С тех пор она старалась убедить себя, что помощь Люсинде совсем не обязательно должна означать, что она отвернулась от остальных участников трагедии. Конечно, Ларк и девочки поймут, что ею движет справедливость. Она хотела только помочь Люсинде, а не причинять им боль. Мысленно она вела с Ларк долгие разговоры на эту тему, но когда они на самом деле начинали говорить по телефону, Мэг понимала, что не в состоянии заговорить со своей сестрой об этом.
В агентстве ситуация тоже накалилась. Помимо своей обычной работы, — а четвертый квартал всегда был для фирмы самым напряженным периодом — они в жуткой спешке готовили креативные разработки для фирмы «СпортсТек», контракт с которой соблазнительно маячил впереди.
— Большой дядя любит заставлять народ попрыгать через обручи, — сказал Мэг Винс Голдман во время их телефонной беседы. Он позвонил сообщить, что «СпортсТек» сузил свои поиски до трех рекламных агентств и что одним из них является «Хардвик и партнеры». — Поэтому каждый из участников тендера получит на проработку проект, и выполнить его надо будет от начала до конца. Я предлагаю вам лакомый кусочек: рекламную кампанию по запуску нашей новой дружественной потребителю линии для девочек подросткового возраста. Я посылаю вам все материалы для промоушена и полдюжины образцов. Успешное продвижение этой линии со складов и в розницу указывает на то, что при правильной рекламной кампании она могла бы стать новым большим прорывом нашей марки на рынок.
Винс, естественно, не знал, что все знания Мэг о подростковой моде легко поместились бы на отрывном листке для заметок. Агентство «Хардвик и партнеры» специализировалось на розничной продаже высококачественной женской одежды, которая продавалась в магазинах «Блумиз», «Бэнделз» и «Сакс». Мэг сделала неутешительный вывод — может статься, теперь будущее ее бизнеса зависит от мотивации той части населения, с которой они, насколько могла понять Мэг, так же похожи, как землянин с марсианином.

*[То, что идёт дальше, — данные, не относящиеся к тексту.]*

-- ===== src/Asm/Invariant/Program.antt =====
-- What the invariant gives for a run: `assemble_line` on any line, the places that
-- `resolve_fixups` writes to, and the output file as the disassembler reads it.
use mathlib.Core.Path.{subst}
use rsd_m.RoundTrip.HexFile.{read_hex-write_hex}
use rsd_m.Asm.Code.Emission.{patch32_ok}
use rsd_m.Asm.Symbols.{find_label}
use rsd_m.Asm.Branch.{displacement, branch_word, jump_word}
use rsd_m.Dis.HexIn.{read_hex}
use rsd_m.Asm.Invariant.Run.{
  assemble_line-Keeps, assemble-After, assemble_lines-Keeps, initial-IsWell,
}
use rsd_m.Asm.Code.{max_code_bytes}
use rsd_m.Asm.Line.Dispatch.{assemble_line}
use rsd_m.Asm.Keeps.{After}
use rsd_m.Base.Text.{Text}
use rsd_m.Asm.Program.{assemble, write_hex, hex_end, assemble_lines, fgets_from, hex_lines}
use rsd_m.Asm.Fixups.{patch_fixup, resolve_list, resolve_to, resolve_fixup, resolve_fixups}
use rsd_m.Asm.Invariant.{IsWell, InBuffer, InBuffer-mono}
use rsd_m.Asm.State.{
  State, fix_b21, fix_j26, ok, err, memory_fault, Result, Fixup, FixupType, Label, initial, gets,
  ◌>>◌,
}
use rsd_m.Base.{
  refl, ℕ, ◌+◌, ◌==◌, ◌≡◌, ◌≢◌, ◌≤◌, none, some, Option, List, [], ◌∷◌, Bool-cases, inl, inr,
  bit_and, ap, ◌/◌, leb, leb→le, leb→gt, sym, ◌∙◌, arith,
}

After-value :
    {A : Type 0} (P : State → Type 0) (r : Result (A × State)) (a : A) (t : State)
    → After P r
    → r ≡ ok (a, t)
    → P t
After-value P r a t h e = subst (λ q. After P q) e h

-- A line that is assembled leaves the state well-formed if it was before: bytes in the buffer,
-- its end within it, with the filler behind it and every fixup's place before it, a 32-bit program
-- counter, and no table over its limit.
pub assemble_line-IsWell :
    (line : Text) (s t : State) → IsWell s → assemble_line line s ≡ ok (tt, t) → IsWell t
assemble_line-IsWell line s t h e =
    After-value IsWell (assemble_line line s) tt t ((assemble_line-Keeps line).at s h) e

-- No access outside the buffer.
abbrev Inside : Result (Unit {0} × State) → Type 0
Inside r = r ≢ err memory_fault

patch_fixup-Inside :
    (k : FixupType) (fx : Fixup) (addr : ℕ) (s : State)
    → fx.code_offset + 4 ≤ max_code_bytes
    → Inside (patch_fixup k fx addr s)
unfolding patch_fixup
patch_fixup-Inside fix_b21 fx addr s h =
    elim (Bool-cases (bit_and (displacement addr fx.pc) 3 == 0)) [
      | inl e ↦
          rw
            (
              e,
              patch_fixup,
              patch32_ok fx.code_offset (branch_word fx.cond fx.link (displacement addr fx.pc)) s h,
            )
            (λ q. cc)
      | inr e ↦ rw (e, patch_fixup) (λ q. cc)
    ]
patch_fixup-Inside fix_j26 fx addr s h =
    rw (patch32_ok fx.code_offset (jump_word fx.opcode addr) s h) (λ q. cc)

resolve_to-Inside :
    (fx : Fixup) (l : Option Label) (s : State)
    → fx.code_offset + 4 ≤ max_code_bytes
    → Inside (resolve_to fx l s)
unfolding resolve_to
resolve_to-Inside fx none s h = λ q. cc
resolve_to-Inside fx (some l) s h = elim (Bool-cases l.defined) [
  | inl e ↦ rw (e, resolve_to) (patch_fixup-Inside fx.kind fx l.addr s h)
  | inr e ↦ rw (e, resolve_to) (λ q. cc)
]

resolve_fixup-Inside :
    (fx : Fixup) (s : State) → fx.code_offset + 4 ≤ max_code_bytes → Inside (resolve_fixup fx s)
unfolding resolve_fixup
resolve_fixup-Inside fx s h = resolve_to-Inside fx (find_label s fx.label) s h

then-Inside :
    (r : Result (Unit {0} × State)) (k : State → Result (Unit {0} × State))
    → Inside r
    → ((t : State) → Inside (k t))
    → Inside (elim r [ err e ↦ err e | ok (u, t) ↦ k t ])
then-Inside (ok (u, t)) k h n = n t
then-Inside (err e) k h n = λ q. h (ap (λ r. r) (cc))

resolve_list-Inside :
    (fxs : List Fixup) (s : State) → InBuffer max_code_bytes fxs → Inside (resolve_list fxs s)
unfolding resolve_list
resolve_list-Inside [] s h = λ q. cc
resolve_list-Inside (fx ∷ fxs) s h =
    then-Inside (resolve_fixup fx s) (resolve_list fxs) (resolve_fixup-Inside fx s h.0)
      (λ t. resolve_list-Inside fxs t h.1)

-- For every input whose lines are assembled, resolving the fixups does not write outside the code
-- buffer: the patches, which the source does not check, stay within it.
pub resolve_fixups_inside :
    (input : Text) (s : State)
    → assemble_lines (fgets_from [] 1023 input) initial ≡ ok (tt, s)
    → resolve_fixups s ≢ err memory_fault
unfolding resolve_fixups
resolve_fixups_inside input s e =
    let w =
      After-value IsWell (assemble_lines (fgets_from [] 1023 input) initial) tt s
        ((assemble_lines-Keeps (fgets_from [] 1023 input)).at initial initial-IsWell) e in
    resolve_list-Inside s.fixups s (InBuffer-mono s.max_phy max_code_bytes s.fixups w.top w.places)

abbrev Wrote : Result (List Text × State) → Type 0
Wrote (ok (lines, s)) = lines ≡ write_hex s
Wrote (err e) = Unit

then-Wrote :
    (r : Result (Unit {0} × State)) (k : State → Result (List Text × State))
    → ((t : State) → Wrote (k t))
    → Wrote (elim r [ err e ↦ err e | ok (u, t) ↦ k t ])
then-Wrote (ok (u, t)) k n = n t
then-Wrote (err e) k n = tt

assemble-Wrote : (input : Text) → Wrote (assemble input)
unfolding assemble
assemble-Wrote input =
    then-Wrote (assemble_lines (fgets_from [] 1023 input) initial)
      (do resolve_fixups; gets write_hex)
      (λ t. then-Wrote (resolve_fixups t) (gets write_hex) (λ u. refl))

pub assembled-IsWell :
    (input : Text) (lines : List Text) (s : State) → assemble input ≡ ok (lines, s) → IsWell s
assembled-IsWell input lines s e =
    After-value IsWell (assemble input) lines s (assemble-After input) e

pub assembled_lines :
    (input : Text) (lines : List Text) (s : State)
    → assemble input ≡ ok (lines, s)
    → lines ≡ hex_lines (hex_end s.max_phy / 16) s.code 0
unfolding write_hex
assembled_lines input lines s e = subst Wrote e (assemble-Wrote input)

-- Where the assembler succeeds, the disassembler reads its output file back as exactly the
-- assembler's code buffer, at every address: no byte that was stored is behind the end of the file.
pub assemble-read_hex :
    (input : Text) (lines : List Text) (s : State) (q : ℕ)
    → assemble input ≡ ok (lines, s)
    → (read_hex lines).code q ≡ s.code q
assemble-read_hex input lines s q e =
    let w = assembled-IsWell input lines s e in
    let (low, same, behind) = read_hex-write_hex s w.bytes w.top in
    let text : lines ≡ write_hex s = subst Wrote e (assemble-Wrote input) in
    ap (λ ls. (read_hex ls).code q) text ∙ elim (Bool-cases (leb (hex_end s.max_phy) q)) [
      | inl out ↦
          let l = leb→le (hex_end s.max_phy) q out in
          behind q l ∙ sym (w.filler q (omega (arith, low, l)))
      | inr in_file ↦ same q (leb→gt (hex_end s.max_phy) q in_file)
    ]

Но худшие новости принес Эйб в среду утром: Фрида Жарвис объявляет о своем банкротстве. Это вынудило Мэг, которой и так не хватало средств в связи с задолженностью Жарвис, сделать то, что она ненавидела делать — взять ссуду. Нестабильное в финансовом отношении детство сделало Мэг консерватором в денежных вопросах, и слова «в долг» до сегодняшнего дня просто не было в ее лексиконе. Именно незапятнанная кредитная история помогала ей сохранять кредитную линию в своем банке. Дружеские отношения Эйба со служащим кредитного отдела позволили пройти процедуру очень быстро. Через двадцать четыре часа после получения дурных новостей у Мэг уже было извещение о согласии банка дать ей ссуду. Но в ходе встречи с банковским чиновником и Эйбом в четверг Мэг пришлось отказаться от прав на квартиру и на растущий в цене пакет первоклассных акций в придачу.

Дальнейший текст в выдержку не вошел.